→ What is required: Print the data below exactly, but only the lines from the one containing "(ap (λ l. c" down to the one containing "long = u.long;", inclusive.

→ Available data:
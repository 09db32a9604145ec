-- ===== src/Manager/Resize/Grown.antt =====
-- A block that has grown over the free block behind it, in the abstract view; and where a block
-- that is handed out lies in the list.
use assignment2_c.Prelude.{
  ℕ, suc, ◌+◌, ◌-◌, ◌≡◌, ◌≤◌, ◌<◌, ◌⊎◌, refl, true, not, some, [], ◌∷◌, ◌++◌, arith, length,
  Bool-cases, inl, inr, ◌==◌, ap, ◌∙◌, sym, ==_self, ==_of_ne,
}
use assignment2_c.Manager.{Adress, MemoryBlock, BlockTable, Manager}
use assignment2_c.Manager.Layout.{IsTiling, IsMerged, IsValid, head_free, freed, mark_free}
use assignment2_c.Manager.Layout.Tiling.{IsTiling-rest}
use assignment2_c.Manager.Layout.Room.{IsTiling-replace, IsMerged-replace}
use assignment2_c.Manager.Layout.Used.{used, Inserted, without, used-mark_free}
use assignment2_c.Manager.Layout.Ranges.{In}
use assignment2_c.Manager.Free.Search.{index_of}
use assignment2_c.Manager.Resize.Right.{grown}

pub used-append : (xs ys : BlockTable) → used (xs ++ ys) ≡ used xs ++ used ys
unfolding used
used-append [] ys = refl
used-append (b ∷ xs) ys = elim (Bool-cases b.is_used) [
  | inl u ↦ rw u (ap (λ l. (b.start_adress, b.size) ∷ l) (used-append xs ys))
  | inr f ↦ rw f (used-append xs ys)
]

IsMerged-rest : (pre ys : BlockTable) → IsMerged (pre ++ ys) → IsMerged ys
IsMerged-rest [] ys m = m
IsMerged-rest (b ∷ pre) ys m = IsMerged-rest pre ys m.1

-- The block at its own address is the one that is found and marked.
module _ (b : MemoryBlock) (post : BlockTable) where
  pub mark_free-split :
      (pre : BlockTable) (a end : Adress)
      → IsTiling a (pre ++ b ∷ post) end
      → mark_free b.start_adress (pre ++ b ∷ post) ≡ pre ++ freed b ∷ post
  unfolding mark_free
  mark_free-split [] a end t = rw (==_self b.start_adress)
  mark_free-split (c ∷ pre) a end t =
      let (m, le, r) = IsTiling-rest pre (b ∷ post) _ _ t.2 in
      rw (==_of_ne c.start_adress b.start_adress (omega (arith, t.0, t.1, le, r.0)))
        (ap (λ l. c ∷ l) (mark_free-split pre (a + c.size) end t.2))

  pub index_of-split :
      (pre : BlockTable) (k : ℕ) (a end : Adress)
      → IsTiling a (pre ++ b ∷ post) end
      → index_of b.start_adress k (pre ++ b ∷ post) ≡ some (k + length pre)
  unfolding index_of
  index_of-split [] k a end t = rw (==_self b.start_adress) (ap some (omega arith))
  index_of-split (c ∷ pre) k a end t =
      let (m, le, r) = IsTiling-rest pre (b ∷ post) _ _ t.2 in
      rw (==_of_ne c.start_adress b.start_adress (omega (arith, t.0, t.1, le, r.0)))
        (index_of-split pre (suc k) (a + c.size) end t.2 ∙ ap some (omega arith))

-- A range that is handed out is that of a block in use.
pub record UsedBlock (p m : ℕ) (xs : BlockTable) : Type 0 where
  pub before : BlockTable
  pub here : MemoryBlock
  pub after : BlockTable
  pub whole : xs ≡ before ++ here ∷ after
  pub starts : here.start_adress ≡ p
  pub long : here.size ≡ m
  pub in_use : here.is_used ≡ true

extend : (p m : ℕ) (b : MemoryBlock) (bs : BlockTable) → UsedBlock p m bs → UsedBlock p m (b ∷ bs)
extend p m b bs u = record {
  before = b ∷ u.before;
  here = u.here;
  after = u.after;
  whole = ap (λ l. b ∷ l) u.whole;
  starts = u.starts;
  long = u.long;
  in_use = u.in_use;
}

pub In-UsedBlock : (p m : ℕ) (xs : BlockTable) → In p m (used xs) → UsedBlock p m xs
unfolding used
In-UsedBlock p m [] i = absurd i
In-UsedBlock p m (b ∷ bs) i = elim (Bool-cases b.is_used) [
  | inl u ↦
      let j : ((p ≡ b.start_adress) × (m ≡ b.size)) ⊎ In p m (used bs) = rw u at i in
      elim j [
        | inl e ↦ record {
          before = [];
          here = b;
          after = bs;
          whole = refl;
          starts = sym e.0;
          long = sym e.1;
          in_use = u;
        }
        | inr r ↦ extend p m b bs (In-UsedBlock p m bs r)
      ]
  | inr f ↦ extend p m b bs (In-UsedBlock p m bs (rw f at i))
]

module _ (s : Manager) (pre : BlockTable) (b c : MemoryBlock) (post : BlockTable) (size : ℕ)
    (v : IsValid s (pre ++ b ∷ c ∷ post)) (in_use : b.is_used ≡ true) (free : not c.is_used ≡ true)
    (pos : 0 < size) (room : size ≤ b.size + c.size) where
  grown-tiles :
      (m : Adress)
      → IsTiling m (b ∷ c ∷ post) (s.mem_pool_start + s.mem_pool_size)
      → IsTiling m (grown size b c post) (s.mem_pool_start + s.mem_pool_size)
  grown-tiles m t = elim (Bool-cases (b.size + c.size == size)) [
    | inl e ↦ let k : m + size ≡ m + b.size + c.size = ground arith in rw e (t.0, pos, rw k t.2.2)
    | inr e ↦
        let k : m + size + (b.size + c.size - size) ≡ m + b.size + c.size = omega arith in
        rw e (t.0, pos, (omega (arith, t.0), ground arith, rw k t.2.2))
  ]

  head_free-grown : head_free (grown size b c post) ≡ head_free (b ∷ c ∷ post)
  head_free-grown = ground arith

  grown-IsMerged : IsMerged (b ∷ c ∷ post) → IsMerged (grown size b c post)
  grown-IsMerged m = elim (Bool-cases (b.size + c.size == size)) [
    | inl e ↦ rw e (ground arith, m.1.1)
    | inr e ↦ rw e m
  ]

  pub grown-IsValid : IsValid s (pre ++ grown size b c post)
  grown-IsValid = record {
    started = v.started;
    tiling = IsTiling-replace pre (b ∷ c ∷ post) (grown size b c post) _ _ grown-tiles v.tiling;
    merged =
        IsMerged-replace pre (b ∷ c ∷ post) (grown size b c post) head_free-grown
          (grown-IsMerged (IsMerged-rest pre (b ∷ c ∷ post) v.merged)) v.merged;
    in_range = v.in_range;
  }

  used-grown : used (grown size b c post) ≡ (b.start_adress, size) ∷ used post
  unfolding used
  used-grown = ground arith

  used-rest : used (freed b ∷ c ∷ post) ≡ used post
  unfolding used
  used-rest = ground arith

  pub grown-Inserted :
      Inserted
        (b.start_adress, size)
        (without b.start_adress (used (pre ++ b ∷ c ∷ post)))
        (used (pre ++ grown size b c post))
  grown-Inserted = (
    used pre,
    used post,
    sym (used-mark_free b.start_adress (pre ++ b ∷ c ∷ post) _ _ v.tiling)
        ∙ ap used (mark_free-split b (c ∷ post) pre _ _ v.tiling)
        ∙ used-append pre (freed b ∷ c ∷ post)
        ∙ ap (λ l. used pre ++ l) used-rest,
    used-append pre (grown size b c post) ∙ ap (λ l. used pre ++ l) used-grown,
  )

→ Response area:
        (ap (λ l. c ∷ l) (mark_free-split pre (a + c.size) end t.2))

  pub index_of-split :
      (pre : BlockTable) (k : ℕ) (a end : Adress)
      → IsTiling a (pre ++ b ∷ post) end
      → index_of b.start_adress k (pre ++ b ∷ post) ≡ some (k + length pre)
  unfolding index_of
  index_of-split [] k a end t = rw (==_self b.start_adress) (ap some (omega arith))
  index_of-split (c ∷ pre) k a end t =
      let (m, le, r) = IsTiling-rest pre (b ∷ post) _ _ t.2 in
      rw (==_of_ne c.start_adress b.start_adress (omega (arith, t.0, t.1, le, r.0)))
        (index_of-split pre (suc k) (a + c.size) end t.2 ∙ ap some (omega arith))

-- A range that is handed out is that of a block in use.
pub record UsedBlock (p m : ℕ) (xs : BlockTable) : Type 0 where
  pub before : BlockTable
  pub here : MemoryBlock
  pub after : BlockTable
  pub whole : xs ≡ before ++ here ∷ after
  pub starts : here.start_adress ≡ p
  pub long : here.size ≡ m
  pub in_use : here.is_used ≡ true

extend : (p m : ℕ) (b : MemoryBlock) (bs : BlockTable) → UsedBlock p m bs → UsedBlock p m (b ∷ bs)
extend p m b bs u = record {
  before = b ∷ u.before;
  here = u.here;
  after = u.after;
  whole = ap (λ l. b ∷ l) u.whole;
  starts = u.starts;
  long = u.long;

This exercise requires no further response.